Towards Scalable Generation of Realistic Test Data for Duplicate Detection
Fabian Panse, Wolfram Wingerath, Benjamin Wollmer
TL;DR
The paper tackles the need for scalable, realistic test data for evaluating duplicate detection in the era of big and diverse data sources. It presents DaPo$^+$, a six-phase data-generation pipeline that profiles inputs, automatically configures generation parameters, creates data histories, and emits multi-source datasets with complex schemas and temporal errors via an event-based model. Key contributions include extending support to non-relational data, enabling automatic high-level configuration, and incorporating data histories and copying processes to simulate outdated values and inter-source dependencies.
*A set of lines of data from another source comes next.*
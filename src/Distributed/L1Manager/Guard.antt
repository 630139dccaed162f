-- ===== src/Distributed/L1Manager/Guard.antt =====
-- Which calls a locked object refuses, and what an expired lock lets through.
use serverless_lmcache.Common.{
  ℕ, ◌<◌, ◌≡◌, true, ◌||◌, ◌⊎◌, inl, inr, Option-cases, Option, none, some, List, arith, for_each,
  count,
}
use serverless_lmcache.Common.Dict.{Dict, get}
use serverless_lmcache.Distributed.Error.{
  L1Error, key_not_readable, key_in_wrong_state, key_is_locked,
}
use serverless_lmcache.Distributed.TtlLock.{is_locked}
use serverless_lmcache.Distributed.MemoryManager.{Allocator, free}
use serverless_lmcache.Distributed.L1Manager.{
  L1ObjectState, available_for_read, L1Manager, Listener, start, notify_all,
}
use serverless_lmcache.Distributed.L1Manager.Loops.{for_each_fixed}
use serverless_lmcache.Distributed.L1Manager.Object.{
  reserve_read-IsLocal, finish_read-IsLocal, finish_write-IsLocal, delete-IsLocal,
}
use serverless_lmcache.Distributed.L1Manager.Read.{reserve_read, finish_read, finish_read_key}
use serverless_lmcache.Distributed.L1Manager.Write.{finish_write}
use serverless_lmcache.Distributed.L1Manager.Remove.{delete, delete_key}

module _ {K : Type 0} (dec : Discrete K) (a : Allocator) (lis : Listener K) (now : ℕ) where
  pub finish_read-eq-some :
      (ks : List K) (m : L1Manager K a.MemoryObj a.Heap lis.State)
      {m' : L1Manager K a.MemoryObj a.Heap lis.State} {ret : Dict K L1Error}
      → finish_read dec a lis now ks m ≡ some (m', ret)
      → (m'.objects ≡ (for_each (finish_read_key dec now) ks (start m.objects)).objects)
        × (ret ≡ (for_each (finish_read_key dec now) ks (start m.objects)).ret)
  unfolding finish_read notify_all
  finish_read-eq-some ks m h = ground arith

  pub delete-eq-some :
      (ks : List K) (m : L1Manager K a.MemoryObj a.Heap lis.State)
      {m' : L1Manager K a.MemoryObj a.Heap lis.State} {ret : Dict K L1Error}
      → delete dec a lis now ks m ≡ some (m', ret)
      → (m'.objects ≡ (for_each (delete_key dec now) ks (start m.objects)).objects)
        × (ret ≡ (for_each (delete_key dec now) ks (start m.objects)).ret)
  unfolding delete notify_all
  delete-eq-some ks m h = ground arith

  -- A call raises only where the allocator raises, at the objects that the loop wants freed.
  finish_read-eq-none :
      (ks : List K) (m : L1Manager K a.MemoryObj a.Heap lis.State)
      → finish_read dec a lis now ks m ≡ none
      → free a (for_each (finish_read_key dec now) ks (start m.objects)).need_to_free m.heap ≡ none
  unfolding finish_read notify_all
  finish_read-eq-none ks m h =
      let dead = (for_each (finish_read_key dec now) ks (start m.objects)).need_to_free in
      elim (Option-cases (free a dead m.heap)) [
        | inl raised ↦ raised
        | inr (heap, freed) ↦ absurd (ground (arith, h, freed))
      ]

  delete-eq-none :
      (ks : List K) (m : L1Manager K a.MemoryObj a.Heap lis.State)
      → delete dec a lis now ks m ≡ none
      → free a (for_each (delete_key dec now) ks (start m.objects)).need_to_free m.heap ≡ none
  unfolding delete notify_all
  delete-eq-none ks m h =
      let dead = (for_each (delete_key dec now) ks (start m.objects)).need_to_free in
      elim (Option-cases (free a dead m.heap)) [
        | inl raised ↦ raised
        | inr (heap, freed) ↦ absurd (ground (arith, h, freed))
      ]

  module _ (ks : List K) (m : L1Manager K a.MemoryObj a.Heap lis.State) (j : K)
      (e : L1ObjectState a.MemoryObj) (there : get dec j m.objects ≡ some e)
      (asked : 0 < count dec j ks) where
    reserve_read_refused :
        is_locked now e.write_lock ≡ true
        → (get dec j (reserve_read dec a lis now ks m).0.objects ≡ some e)
          × (get dec j (reserve_read dec a lis now ks m).1 ≡ some (key_not_readable, none))
    unfolding reserve_read notify_all available_for_read
    reserve_read_refused h =
        for_each_fixed dec (λ k. k) (reserve_read-IsLocal {M = a.MemoryObj} dec now) j ks
          (start m.objects) (some e) _ (ground arith) (λ r. ground arith) there asked

    finish_read_refused :
        is_locked now e.write_lock ≡ true
        → {m' : L1Manager K a.MemoryObj a.Heap lis.State} {ret : Dict K L1Error}
        → finish_read dec a lis now ks m ≡ some (m', ret)
        → (get dec j m'.objects ≡ some e) × (get dec j ret ≡ some key_in_wrong_state)
    finish_read_refused h ran =
        let (objects, rets) = finish_read-eq-some ks m ran in
        rw (objects, rets)
          (for_each_fixed dec (λ k. k) (finish_read-IsLocal {M = a.MemoryObj} dec now) j ks
            (start m.objects) (some e) _ (ground arith) (λ r. ground arith) there asked)

    delete_refused :
        (is_locked now e.read_lock || is_locked now e.write_lock) ≡ true
        → {m' : L1Manager K a.MemoryObj a.Heap lis.State} {ret : Dict K L1Error}
        → delete dec a lis now ks m ≡ some (m', ret)
        → (get dec j m'.objects ≡ some e) × (get dec j ret ≡ some key_is_locked)
    delete_refused h ran =
        let (objects, rets) = delete-eq-some ks m ran in
        rw (objects, rets)
          (for_each_fixed dec (λ k. k) (delete-IsLocal {M = a.MemoryObj} dec now) j ks
            (start m.objects) (some e) _ (ground arith) (λ r. ground arith) there asked)

    finish_write_refused :
        is_locked now e.read_lock ≡ true
        → (get dec j (finish_write dec a lis now ks m).0.objects ≡ some e)
          × (get dec j (finish_write dec a lis now ks m).1 ≡ some key_in_wrong_state)
    unfolding finish_write notify_all
    finish_write_refused h =
        for_each_fixed dec (λ k. k) (finish_write-IsLocal {M = a.MemoryObj} dec now) j ks
          (start m.objects) (some e) _ (ground arith) (λ r. ground arith) there asked

    -- A call that raises as the allocator raises at the objects to be freed, `dead`, or returns, refuses
    -- the key with an error and leaves its object as it is.
    abbrev pub Refuses :
        Option (L1Manager K a.MemoryObj a.Heap lis.State × Dict K L1Error)
        → List a.MemoryObj
        → L1Error
        → Type 0
    Refuses r dead err =
        ((r ≡ none) × (free a dead m.heap ≡ none))
        ⊎ ((m' : L1Manager K a.MemoryObj a.Heap lis.State) × (ret : Dict K L1Error) × (r
              ≡ some (m', ret))
            × (get dec j m'.objects ≡ some e)
            × (get dec j ret ≡ some err))

    finish_read-Refuses :
        is_locked now e.write_lock ≡ true
        → Refuses
            (finish_read dec a lis now ks m)
            (for_each (finish_read_key dec now) ks (start m.objects)).need_to_free
            key_in_wrong_state
    finish_read-Refuses h = elim (Option-cases (finish_read dec a lis now ks m)) [
      | inl raised ↦ inl (raised, finish_read-eq-none ks m raised)
      | inr ((m', ret), ran) ↦
          let (object, err) = finish_read_refused h ran in inr (m', ret, ran, object, err)
    ]

    delete-Refuses :
        (is_locked now e.read_lock || is_locked now e.write_lock) ≡ true
        → Refuses
            (delete dec a lis now ks m)
            (for_each (delete_key dec now) ks (start m.objects)).need_to_free
            key_is_locked
    delete-Refuses h = elim (Option-cases (delete dec a lis now ks m)) [
      | inl raised ↦ inl (raised, delete-eq-none ks m raised)
      | inr ((m', ret), ran) ↦
          let (object, err) = delete_refused h ran in inr (m', ret, ran, object, err)
    ]

    -- While the object of a key is write-locked, a `reserve_read` that names the key refuses it
    -- with its error and leaves the object as it is. A `finish_read` and a `delete` that name it
    -- each do so with their error too, or raise, since the allocator raises at the objects that
    -- the call wants freed.
    pub writer_excludes :
        is_locked now e.write_lock ≡ true
        → ((get dec j (reserve_read dec a lis now ks m).0.objects ≡ some e)
            × (get dec j (reserve_read dec a lis now ks m).1 ≡ some (key_not_readable, none)))
          × Refuses
              (finish_read dec a lis now ks m)
              (for_each (finish_read_key dec now) ks (start m.objects)).need_to_free
              key_in_wrong_state
          × Refuses
              (delete dec a lis now ks m)
              (for_each (delete_key dec now) ks (start m.objects)).need_to_free
              key_is_locked
    writer_excludes h =
        (reserve_read_refused h, finish_read-Refuses h, delete-Refuses (ground (arith, h)))

    -- While the object of a key has a reader, a `finish_write` that names the key refuses it with
    -- its error and leaves the object as it is. A `delete` that names it does so with its error
    -- too, or raises, since the allocator raises at the objects that the call wants freed.
    pub reader_excludes :
        is_locked now e.read_lock ≡ true
        → ((get dec j (finish_write dec a lis now ks m).0.objects ≡ some e)
            × (get dec j (finish_write dec a lis now ks m).1 ≡ some key_in_wrong_state))
          × Refuses
              (delete dec a lis now ks m)
              (for_each (delete_key dec now) ks (start m.objects)).need_to_free
              key_is_locked
    reader_excludes h = (finish_write_refused h, delete-Refuses (ground (arith, h)))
This approach promises more realistic benchmarking for duplicate detection across data cleaning, integration, and linkage tasks, with practical impact for evaluating scalable algorithms in real-world settings.
Abstract
Due to the increasing volume, volatility, and diversity of data in virtually all areas of our lives, the ability to detect duplicates in potentially linked data sources is more important than ever before. However, while research is already intensively engaged in adapting duplicate detection algorithms to the changing circumstances, existing test data generators are still designed for small -- mostly relational -- datasets and can thus fulfill their intended task only to a limited extent. In this report, we present our ongoing research on a novel approach for test data generation that -- in contrast to existing solutions -- is able to produce large test datasets with complex schemas and more realistic error patterns while being easy to use for inexperienced users.